September 4, 2017 (San Diego’s East County) – Josh Butner says he’s running for Congress against Representative Duncan Hunter in the 50th Congressional District to “put people first, not personal profit or special interest politics.” 

A former Navy Seal Lieutenant Commander and current trustee on the Jamul-Dulzura Union School District board, he wants to champion a strong public education, restore integrity, and provide strong leadership on issues ranging from foreign policy to helping military families to combating climate change.

East County Magazine’s Show recently sat down with Butner for an in-depth interview originally aired July 21 on KNSJ radio. Hear the full 42-minute interview by clicking the orange audio link, and scroll down for highlights. He is one of five Democrats in the race; two Republican challengers to Hunter have also announced intentions to run. With Hunter under a federal criminal probem, this race is drawing national attention.

Butner has 23 years of military service with the Navy Seals, including combat duty in Iraq and Afghanistan. He comes from a family with a long, proud tradition of leadership and military service dating back to the Civil War. A Jamul resident, he’s raised three children, including a son who serves in the Navy. Now he's running to serve constituents across the 50th Congressional District, which includes much of East County as well as San Diego and other communities.

THE ISSUES

Education

After retiring from the Navy Seals in 2011, he ran and won a seat on the rural school board where his daughter was a student at the time because he says he missed public service.  Serving on the school board “gave me a chance to champion a cause near and dear to my heart, which is public education,” he says.

It can also be a good training ground for higher office. Supervisor Dianne Jacob, like Butner, served on the Jamul-Dulzura school board before winning election to the County Board of Supervisors, where she's held office for some 25 years.

Butner says that serving on a school board means he is seeing “on the front lines, the impacts of not properly funding public education.” He wants to make funding public schools a high priority and voices concerns about the Trump administration’s “attack on public education”  by  taking money away from public schools and diverting it to vouchers to fund private charter schools without elected boards.

He makes clear he is not against public charters, such as one his daughter attended in Jamul. (She’s now a student at U.C. Santa Cruz.) Butner is against policies of Education Secretary Betsy DeVos, who backs public funding of private charters that “get started in affluent areas where the money is” and can cherry pick students, meaning poor areas wind up with schools getting worse, he notes. 

“What’s great about having public funds go to a public education system is we are required to treat everyone equally,” he says, “including special needs students…My district is quite small, and we’ve managed to do the best with what we have.” He opposes taking money from special needs students and giving it to kids who are already well off in affluent areas.

Hunter, by contrast, supports vouchers and taking money from public schools for private charters.  As Butner notes, Hunter also cosponsored a bill to take funds away from public colleges and universities that are sanctuaries for undocumented students.  “To withhold federal funding from your state schools in your district is harming students, not helping them,” says Butner.

Healthcare, Medicare and Social Security

On healthcare, Butner opposes efforts backed by Hunter to repeal the Affordable Care Act (ACA) and kick some 20 to 23 million Americans off of healthcare coverage.  He acknowledges that the ACA has deficiencies which should be fixed, but says it was a “step in the right direction.
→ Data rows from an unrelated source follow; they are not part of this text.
-- ===== src/Knowledge/Boundary/Nearest.antt =====
-- Where the nearest safe boundary lies.
use whatsapp_os.Prelude.{
  ℕ, zero, suc, ◌+◌, ◌-◌, ◌≤◌, ◌≡◌, refl, min, true, false, ◌||◌, ◌⊎◌, inl, inr, length, leb, ltb,
  ◌==◌, arith, Bool-cases, ap, sym, ◌∙◌,
}
use whatsapp_os.Knowledge.{Text, Unicode}
use whatsapp_os.Knowledge.Boundary.{is_safe_boundary, last_safe, first_safe, safe_boundary}

-- Whether no position of a range is a boundary.
abbrev pub IsSolid : Unicode → Text → ℕ → ℕ → Type 0
IsSolid unicode text from to =
    (index : ℕ) → from ≤ index → index ≤ to → is_safe_boundary unicode text index ≡ false

module _ (unicode : Unicode) (text : Text) where
  pub safe_at_end : (index : ℕ) → length text ≤ index → is_safe_boundary unicode text index ≡ true
  unfolding is_safe_boundary
  safe_at_end index past =
      let reached : leb (length text) index ≡ true = ground arith in
      let some_end : (index == 0 || leb (length text) index) ≡ true = ground arith in
      rw some_end refl

  pub safe_at_start : is_safe_boundary unicode text 0 ≡ true
  unfolding is_safe_boundary
  safe_at_start = refl

  last_safe_bounds :
      (floor candidate : ℕ)
      → floor ≤ candidate
      → (floor ≤ last_safe unicode text floor candidate)
        × (last_safe unicode text floor candidate ≤ candidate)
  unfolding last_safe
  last_safe_bounds floor zero low = ground arith
  last_safe_bounds floor (suc candidate) low = ground (arith, last_safe_bounds floor candidate)

  -- If it is no boundary, there is none down to the floor.
  last_safe-IsSolid :
      (floor candidate : ℕ)
      → is_safe_boundary unicode text (last_safe unicode text floor candidate) ≡ false
      → IsSolid unicode text floor candidate
  unfolding last_safe
  last_safe-IsSolid floor zero bad index low high =
      let here : index ≡ 0 = omega arith in rw here bad
  last_safe-IsSolid floor (suc candidate) bad index low high =
      elim (Bool-cases (is_safe_boundary unicode text (suc candidate))) [
        | inl safe ↦ ground (arith, safe, bad)
        | inr unsafe ↦ elim (Bool-cases (index == suc candidate)) [
          | inl same ↦ let here : index ≡ suc candidate = ground arith in rw here unsafe
          | inr other ↦
              let below : index ≤ candidate = ground arith in
              let more : ltb floor (suc candidate) ≡ true = ground arith in
              let further : last_safe unicode text floor (suc candidate)
                  ≡ last_safe unicode text floor candidate =
                rw (last_safe, more, unsafe) refl in
              last_safe-IsSolid floor candidate
                (ap (is_safe_boundary unicode text) (sym further) ∙ bad) index low below
        ]
      ]

  first_safe_lem :
      (rounds forward : ℕ)
      → length text ≤ rounds + forward
      → (is_safe_boundary unicode text (first_safe unicode text rounds forward) ≡ true)
        × (forward ≤ first_safe unicode text rounds forward)
        × (first_safe unicode text rounds forward ≤ rounds + forward)
  unfolding first_safe
  first_safe_lem zero forward enough = (safe_at_end forward (omega arith), omega arith, omega arith)
  first_safe_lem (suc rounds) forward enough = ground (arith, first_safe_lem rounds (suc forward))

  -- No boundary is passed on the way.
  first_safe_least :
      (rounds forward boundary : ℕ)
      → length text ≤ rounds + forward
      → forward ≤ boundary
      → is_safe_boundary unicode text boundary ≡ true
      → first_safe unicode text rounds forward ≤ boundary
  unfolding first_safe
  first_safe_least zero forward boundary enough low safe = omega arith
  first_safe_least (suc rounds) forward boundary enough low safe =
      elim (Bool-cases (forward == boundary)) [
        | inl same ↦ let here : forward ≡ boundary = ground arith in rw here (ground (arith, safe))
        | inr other ↦ ground (arith, first_safe_least rounds (suc forward) boundary)
      ]

  -- It is a boundary of the text, at or above the floor and not behind a boundary at or behind the
  -- position that was asked for; and it is behind that position only if there is none from the floor on.
  pub safe_boundary_lem :
      (index floor : ℕ)
      → floor ≤ index
      → index ≤ length text
      → (is_safe_boundary unicode text (safe_boundary unicode text index floor) ≡ true)
        × (floor ≤ safe_boundary unicode text index floor)
        × (safe_boundary unicode text index floor ≤ length text)
        × ((safe_boundary unicode text index floor ≤ index) ⊎ IsSolid unicode text floor index)
  unfolding safe_boundary
  safe_boundary_lem index floor low high =
      let at_index : min index (length text) ≡ index = omega arith in
      let bounds = last_safe_bounds floor index low in
      let ahead = first_safe_lem (length text - index) index (omega arith) in
      rw at_index
        (elim (Bool-cases (is_safe_boundary unicode text (last_safe unicode text floor index))) [
          | inl safe ↦ rw safe ((safe, bounds.0, omega arith, inl (bounds.1)))
          | inr unsafe ↦
              rw unsafe
                ((ahead.0, omega arith, omega arith, inr (last_safe-IsSolid floor index unsafe)))
        ])

  pub safe_boundary_least :
      (index floor boundary : ℕ)
      → floor ≤ index
      → index ≤ length text
      → index ≤ boundary
      → is_safe_boundary unicode text boundary ≡ true
      → safe_boundary unicode text index floor ≤ boundary
  unfolding safe_boundary
  safe_boundary_least index floor boundary low high behind safe_there =
      let at_index : min index (length text) ≡ index = omega arith in
      let bounds = last_safe_bounds floor index low in
      let ahead =
        first_safe_least (length text - index) index boundary (omega arith) behind safe_there in
      rw at_index
        (elim (Bool-cases (is_safe_boundary unicode text (last_safe unicode text floor index))) [
          | inl safe ↦ rw safe (omega arith)
          | inr unsafe ↦ rw unsafe ahead
        ])
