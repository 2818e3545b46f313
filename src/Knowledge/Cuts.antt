-- ===== src/Knowledge/Cuts.antt =====
-- The ladder of separators, and the cut that it finds for a piece.
pub mod Closest
use whatsapp_os.Prelude.{
  ℕ, zero, suc, ◌+◌, ◌-◌, min, Bool, true, false, not, ◌&&◌, ◌||◌, List, [], ◌∷◌, Option, none,
  some, length, leb, ltb, ◌==◌, if◌then◌else◌,
}
use whatsapp_os.Knowledge.{Text, Unicode, Budget, unit_at, unit_before, passes}
use whatsapp_os.Knowledge.Boundary.{is_safe_boundary}

abbrev pub CutTest : Type 0
CutTest = Text → ℕ → Bool

abbrev pub is_line_feed : ℕ → Bool
is_line_feed c = c == 10

-- A full stop, a question mark, an exclamation mark, and the Urdu full stop and question mark.
abbrev pub is_sentence_ender : ℕ → Bool
is_sentence_ender c = c == 46 || (c == 63 || (c == 33 || (c == 0x06d4 || c == 0x061f)))

unfoldable pub is_paragraph_cut : CutTest
is_paragraph_cut text index =
    passes is_line_feed (unit_at text index) && passes is_line_feed (unit_at text (suc index))

unfoldable pub is_line_cut : CutTest
is_line_cut text index = passes is_line_feed (unit_at text index)

-- The best candidate so far, and how far it is from the target.
pub record Candidate : Type 0 where
  pub index : ℕ
  pub distance : ℕ

-- `Math.abs(index - target)`
abbrev pub distance_to : ℕ → ℕ → ℕ
distance_to target index = (index - target) + (target - index)

-- `distance <= bestDistance`, which is infinite before there is one.
abbrev pub is_no_further : ℕ → Option Candidate → Bool
is_no_further distance none = true
is_no_further distance (some best) = leb distance best.distance

module _ (unicode : Unicode) where
  unfoldable pub is_sentence_cut : CutTest
  is_sentence_cut text index =
      passes is_sentence_ender (unit_before text index)
      && passes unicode.is_space (unit_at text index)

  unfoldable pub is_word_cut : CutTest
  is_word_cut text index =
      passes unicode.is_space (unit_before text index)
      && passes (λ c. not (unicode.is_space c)) (unit_at text index)

  unfoldable pub separator_ladder : List CutTest
  separator_ladder = is_paragraph_cut ∷ is_line_cut ∷ is_sentence_cut ∷ is_word_cut ∷ []

  -- One round at each index from the lowest to the highest.
  unfoldable pub best_from : CutTest → Text → ℕ → ℕ → ℕ → Option Candidate → Option Candidate
  best_from test text target zero index best = best
  best_from test text target (suc rounds) index best =
      let distance = distance_to target index in
      best_from test text target rounds (suc index) (
        if (test text index && is_safe_boundary unicode text index) && is_no_further distance best
        then some (record { index = index; distance = distance })
        else best)

  unfoldable pub first_rung : List CutTest → Text → ℕ → ℕ → ℕ → Option ℕ
  first_rung [] text target rounds lowest = none
  first_rung (test ∷ tests) text target rounds lowest =
      elim (best_from test text target rounds lowest none) [
        | none ↦ first_rung tests text target rounds lowest
        | some best ↦ some best.index
      ]

  unfoldable pub find_cut : Text → Budget → ℕ → Option ℕ
  find_cut text budget start =
      let lowest = start + budget.min_chars in
      let highest = min (start + budget.max_chars) (length text) in
      first_rung separator_ladder text (start + budget.target_chars) (highest + 1 - lowest) lowest
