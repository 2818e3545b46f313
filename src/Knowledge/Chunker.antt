-- ===== src/Knowledge/Chunker.antt =====
-- The walk over a source, and the pieces of the two kinds of source.
pub mod Steps
pub mod Walk
pub mod Pieces
use whatsapp_os.Prelude.{
  ℕ, zero, suc, ◌+◌, ◌-◌, ◌/◌, min, max, Bool, true, false, not, ◌&&◌, List, [], ◌∷◌, ◌++◌, Option,
  none, some, map, length, leb, ltb, ◌==◌, if◌then◌else◌, or_else,
}
use mathlib.Core.List.{reverse}
use whatsapp_os.Prelude.Result.{Result, ok, err, ◌>>=◌, ◌>>◌, throw_if}
use whatsapp_os.Knowledge.{
  Text, Unicode, Budget, Span, ChunkSource, KnowledgeChunkDraft, KnowledgeFailure, content_empty,
  content_too_large, estimate_tokens,
}
use whatsapp_os.Knowledge.Boundary.{is_safe_boundary, safe_boundary}
use whatsapp_os.Knowledge.Cuts.{is_word_cut, find_cut}

abbrev pub text_budget : Budget
text_budget = record { target_chars = 900; max_chars = 1200; overlap_chars = 150; min_chars = 80 }

-- "Q: ", the question, "\nA: " and the answer.
unfoldable pub faq_unit : Text → Text → Text
faq_unit question answer = 81 ∷ 58 ∷ 32 ∷ (question ++ (10 ∷ 65 ∷ 58 ∷ 32 ∷ answer))

-- The budget of an answer, each piece of which carries the question.
abbrev pub faq_budget : ℕ → Budget
faq_budget room = record {
  target_chars = room;
  max_chars = room;
  overlap_chars = min 150 (room / 2);
  min_chars = min 80 room;
}

abbrev pub slice_to : ℕ → Text → Text
slice_to zero text = []
slice_to (suc n) [] = []
slice_to (suc n) (c ∷ cs) = c ∷ slice_to n cs

abbrev pub slice_from : ℕ → Text → Text
slice_from zero text = text
slice_from (suc n) [] = []
slice_from (suc n) (c ∷ cs) = slice_from n cs

abbrev pub numbered : ℕ → List Text → List KnowledgeChunkDraft
numbered position [] = []
numbered position (piece ∷ pieces) =
    record { position = position; content = piece; token_count = estimate_tokens piece }
    ∷ numbered (suc position) pieces

module _ (unicode : Unicode) where
  abbrev pub is_word_start : Text → ℕ → Bool
  is_word_start text index = is_word_cut unicode text index && is_safe_boundary unicode text index

  -- The first word start of so many positions, and the last one above a floor.
  unfoldable pub word_after : Text → ℕ → ℕ → Option ℕ
  word_after text zero index = none
  word_after text (suc rounds) index =
      let further = word_after text rounds (suc index) in
      if is_word_start text index then some index else further

  unfoldable pub word_before : Text → ℕ → ℕ → Option ℕ
  word_before text floor zero = none
  word_before text floor (suc index) =
      let further = word_before text floor index in
      if ltb floor (suc index)
      then (if is_word_start text (suc index) then some (suc index) else further)
      else none

  unfoldable pub next_start : Text → Budget → ℕ → ℕ → ℕ
  next_start text budget start end =
      let floor = start + min budget.min_chars (end - start) in
      let desired = max (end - budget.overlap_chars) floor in
      if leb end desired then end else elim (word_after text (end - desired) desired) [
        | some index ↦ index
        | none ↦ min (safe_boundary unicode text desired floor) end
      ]

  -- Only of a text that is longer than the ceiling, and so than `min_chars`.
  unfoldable pub final_start : Text → Budget → ℕ → ℕ
  final_start text budget start =
      let wanted = length text - budget.min_chars in
      let floor = length text - (budget.min_chars + budget.min_chars) in
      if leb budget.min_chars (length text - start)
      then start
      else elim (word_before text floor wanted) [
        | some index ↦ index
        | none ↦ safe_boundary unicode text wanted floor
      ]

  unfoldable pub end_of : Text → Budget → ℕ → ℕ
  end_of text budget start =
      or_else (find_cut unicode text budget start)
        (safe_boundary unicode text (start + budget.max_chars) (start + 1))

  -- The loop; `none` is a loop that has not ended within its rounds.
  unfoldable pub cut_from : Text → Budget → ℕ → ℕ → Option (List Span)
  cut_from text budget zero start = none
  cut_from text budget (suc rounds) start =
      let end = end_of text budget start in
      let further = cut_from text budget rounds (next_start text budget start end) in
      if leb (length text) start
      then some []
      else if leb (length text - start) budget.max_chars
      then some (record { start = final_start text budget start; end = length text } ∷ [])
      else elim further [
        | none ↦ none
        | some spans ↦ some (record { start = start; end = end } ∷ spans)
      ]

  unfoldable pub cut_spans : Text → Budget → Option (List Span)
  cut_spans text budget =
      if length text == 0
      then some []
      else if leb (length text) budget.max_chars
      then some (record { start = 0; end = length text } ∷ [])
      else cut_from text budget (suc (length text)) 0

  -- `trim`
  abbrev pub trim_start : Text → Text
  trim_start [] = []
  trim_start (c ∷ cs) = if unicode.is_space c then trim_start cs else c ∷ cs

  unfoldable pub trim : Text → Text
  trim text = reverse (trim_start (reverse (trim_start text)))

  unfoldable pub slice_spans : Text → List Span → List Text
  slice_spans text [] = []
  slice_spans text (span ∷ spans) =
      let piece = trim (slice_to (span.end - span.start) (slice_from span.start text)) in
      let pieces = slice_spans text spans in if ltb 0 (length piece) then piece ∷ pieces else pieces

  unfoldable pub text_pieces : Text → Option (List Text)
  text_pieces content = elim (cut_spans content text_budget) [
    | none ↦ none
    | some spans ↦ some (slice_spans content spans)
  ]

  unfoldable pub faq_pieces : Text → Text → Option (Result KnowledgeFailure (List Text))
  faq_pieces question answer =
      let whole = faq_unit question answer in
      let taken = length (faq_unit question []) in
      if leb (length whole) 1200
      then some (ok (whole ∷ []))
      else if ltb 1200 (taken + 80)
      then some (err content_too_large)
      else elim (cut_spans answer (faq_budget (1200 - taken))) [
        | none ↦ none
        | some spans ↦ some (ok (map (faq_unit question) (slice_spans answer spans)))
      ]

  -- The refusals, and the positions.
  unfoldable pub drafts : List Text → Result KnowledgeFailure (List KnowledgeChunkDraft)
  drafts pieces = do
    throw_if (length pieces == 0) content_empty
    throw_if (ltb 400 (length pieces)) content_too_large
    ok (numbered 0 pieces)

  unfoldable pub chunk_knowledge_source :
      ChunkSource → Option (Result KnowledgeFailure (List KnowledgeChunkDraft))
  chunk_knowledge_source (ChunkSource.text content) = elim (text_pieces content) [
    | none ↦ none
    | some pieces ↦ some (drafts pieces)
  ]
  chunk_knowledge_source (ChunkSource.faq question answer) = elim (faq_pieces question answer) [
    | none ↦ none
    | some pieces ↦ some (pieces >>= drafts)
  ]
We should be looking at  how we can best help Americans” to make healthcare “more affordable and more accessible.”

Unlike Hunter, who stated at his town hall in Ramona that he does not believe healthcare should be a right, Butner believes it should be.  “We have one of the most innovative countries in the world,” he says, adding that access to healthcare, clean water and energy should be available to everyone in the U.S.

He also opposes GOP efforts to slash or eliminate Medicare or Social Security, noting that working Americans have all been paying into these systems for years. “Now is not the time, when people need it most, to cut it out from underneath them,” he states. He calls for working across the aisle for healthcare reforms to help constituents, something the GOP leadership has thus far refused to do, shutting out Democrats from health care talks.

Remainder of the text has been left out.